PROBLEM TO SOLVE ▸ Look below for the line holding "(host.register_secret registration h" and the line holding "(block_on_result runtime (λ". Transcribe exactly those lines and all lines between them, nothing more.
=== Begin Enclosure ===
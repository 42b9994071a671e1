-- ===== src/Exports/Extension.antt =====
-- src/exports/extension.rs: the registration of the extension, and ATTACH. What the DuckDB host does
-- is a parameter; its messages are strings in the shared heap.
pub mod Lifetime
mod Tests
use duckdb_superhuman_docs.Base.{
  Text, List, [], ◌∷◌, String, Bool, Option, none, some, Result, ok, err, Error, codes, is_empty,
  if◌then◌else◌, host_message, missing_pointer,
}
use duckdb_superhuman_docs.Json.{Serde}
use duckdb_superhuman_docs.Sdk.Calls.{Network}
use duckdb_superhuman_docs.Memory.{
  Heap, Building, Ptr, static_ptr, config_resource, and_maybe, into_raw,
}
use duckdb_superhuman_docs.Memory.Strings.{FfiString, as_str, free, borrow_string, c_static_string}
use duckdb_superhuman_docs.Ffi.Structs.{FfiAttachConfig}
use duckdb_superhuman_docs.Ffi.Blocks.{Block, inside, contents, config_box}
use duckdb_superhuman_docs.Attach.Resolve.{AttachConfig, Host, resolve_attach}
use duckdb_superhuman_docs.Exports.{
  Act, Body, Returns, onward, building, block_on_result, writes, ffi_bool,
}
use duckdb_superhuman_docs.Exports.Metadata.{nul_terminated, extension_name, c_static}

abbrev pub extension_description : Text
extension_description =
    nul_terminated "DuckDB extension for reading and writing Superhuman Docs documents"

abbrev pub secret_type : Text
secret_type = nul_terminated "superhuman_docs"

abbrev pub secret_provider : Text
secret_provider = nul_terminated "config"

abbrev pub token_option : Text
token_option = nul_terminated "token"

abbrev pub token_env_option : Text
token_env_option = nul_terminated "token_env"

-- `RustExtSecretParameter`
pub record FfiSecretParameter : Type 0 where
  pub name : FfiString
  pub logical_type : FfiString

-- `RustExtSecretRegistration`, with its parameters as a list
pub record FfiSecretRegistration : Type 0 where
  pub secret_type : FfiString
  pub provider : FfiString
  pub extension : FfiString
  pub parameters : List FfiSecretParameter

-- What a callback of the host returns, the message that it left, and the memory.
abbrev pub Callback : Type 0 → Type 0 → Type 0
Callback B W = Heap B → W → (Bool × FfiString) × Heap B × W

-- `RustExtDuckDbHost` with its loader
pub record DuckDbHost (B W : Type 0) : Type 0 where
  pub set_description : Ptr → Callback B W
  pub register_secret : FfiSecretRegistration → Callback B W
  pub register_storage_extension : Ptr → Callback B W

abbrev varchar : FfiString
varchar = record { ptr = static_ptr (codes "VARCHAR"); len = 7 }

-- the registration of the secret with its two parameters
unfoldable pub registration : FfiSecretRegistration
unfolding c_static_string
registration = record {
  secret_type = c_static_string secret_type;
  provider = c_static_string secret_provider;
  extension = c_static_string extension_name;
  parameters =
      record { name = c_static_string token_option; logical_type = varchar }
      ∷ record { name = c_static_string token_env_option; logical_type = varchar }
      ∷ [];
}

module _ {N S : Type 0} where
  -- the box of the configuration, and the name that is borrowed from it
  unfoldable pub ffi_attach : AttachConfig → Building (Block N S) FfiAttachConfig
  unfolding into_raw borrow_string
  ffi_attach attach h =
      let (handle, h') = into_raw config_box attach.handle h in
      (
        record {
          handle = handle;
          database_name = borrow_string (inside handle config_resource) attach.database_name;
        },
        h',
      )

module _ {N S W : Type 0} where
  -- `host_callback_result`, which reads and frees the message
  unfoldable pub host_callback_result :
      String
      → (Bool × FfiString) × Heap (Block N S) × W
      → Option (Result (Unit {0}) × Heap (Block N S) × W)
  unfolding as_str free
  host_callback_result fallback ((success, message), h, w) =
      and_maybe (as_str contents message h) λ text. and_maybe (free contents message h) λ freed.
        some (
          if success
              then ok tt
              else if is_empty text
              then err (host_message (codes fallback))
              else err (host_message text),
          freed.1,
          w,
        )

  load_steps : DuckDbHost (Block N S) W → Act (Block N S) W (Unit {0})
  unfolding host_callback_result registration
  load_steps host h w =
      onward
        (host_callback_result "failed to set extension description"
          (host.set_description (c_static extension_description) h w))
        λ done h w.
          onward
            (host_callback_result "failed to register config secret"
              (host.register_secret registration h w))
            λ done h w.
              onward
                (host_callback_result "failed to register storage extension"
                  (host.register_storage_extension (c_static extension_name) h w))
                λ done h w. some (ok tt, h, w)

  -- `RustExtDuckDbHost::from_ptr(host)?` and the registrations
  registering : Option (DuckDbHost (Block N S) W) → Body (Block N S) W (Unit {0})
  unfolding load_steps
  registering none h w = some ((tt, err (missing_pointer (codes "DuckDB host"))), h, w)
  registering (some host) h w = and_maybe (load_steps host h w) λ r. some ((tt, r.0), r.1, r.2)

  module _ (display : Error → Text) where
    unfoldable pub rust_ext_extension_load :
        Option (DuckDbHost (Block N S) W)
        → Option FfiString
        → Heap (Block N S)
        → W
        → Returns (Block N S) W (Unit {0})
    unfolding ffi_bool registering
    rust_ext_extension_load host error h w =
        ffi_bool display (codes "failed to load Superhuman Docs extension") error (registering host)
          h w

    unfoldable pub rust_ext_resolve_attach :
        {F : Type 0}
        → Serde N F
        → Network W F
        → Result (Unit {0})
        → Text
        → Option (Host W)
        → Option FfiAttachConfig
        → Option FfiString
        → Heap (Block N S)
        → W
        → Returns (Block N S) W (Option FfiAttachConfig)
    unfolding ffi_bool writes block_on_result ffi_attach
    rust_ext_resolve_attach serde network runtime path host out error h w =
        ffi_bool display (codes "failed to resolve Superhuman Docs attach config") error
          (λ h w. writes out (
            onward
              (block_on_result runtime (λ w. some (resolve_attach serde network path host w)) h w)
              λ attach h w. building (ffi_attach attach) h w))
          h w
=== End Enclosure ===
RESPONSE TO THIS TASK ▸
              (host.register_secret registration h w))
            λ done h w.
              onward
                (host_callback_result "failed to register storage extension"
                  (host.register_storage_extension (c_static extension_name) h w))
                λ done h w. some (ok tt, h, w)

  -- `RustExtDuckDbHost::from_ptr(host)?` and the registrations
  registering : Option (DuckDbHost (Block N S) W) → Body (Block N S) W (Unit {0})
  unfolding load_steps
  registering none h w = some ((tt, err (missing_pointer (codes "DuckDB host"))), h, w)
  registering (some host) h w = and_maybe (load_steps host h w) λ r. some ((tt, r.0), r.1, r.2)

  module _ (display : Error → Text) where
    unfoldable pub rust_ext_extension_load :
        Option (DuckDbHost (Block N S) W)
        → Option FfiString
        → Heap (Block N S)
        → W
        → Returns (Block N S) W (Unit {0})
    unfolding ffi_bool registering
    rust_ext_extension_load host error h w =
        ffi_bool display (codes "failed to load Superhuman Docs extension") error (registering host)
          h w

    unfoldable pub rust_ext_resolve_attach :
        {F : Type 0}
        → Serde N F
        → Network W F
        → Result (Unit {0})
        → Text
        → Option (Host W)
        → Option FfiAttachConfig
        → Option FfiString
        → Heap (Block N S)
        → W
        → Returns (Block N S) W (Option FfiAttachConfig)
    unfolding ffi_bool writes block_on_result ffi_attach
    rust_ext_resolve_attach serde network runtime path host out error h w =
        ffi_bool display (codes "failed to resolve Superhuman Docs attach config") error
          (λ h w. writes out (
            onward
              (block_on_result runtime (λ w. some (resolve_attach serde network path host w)) h w)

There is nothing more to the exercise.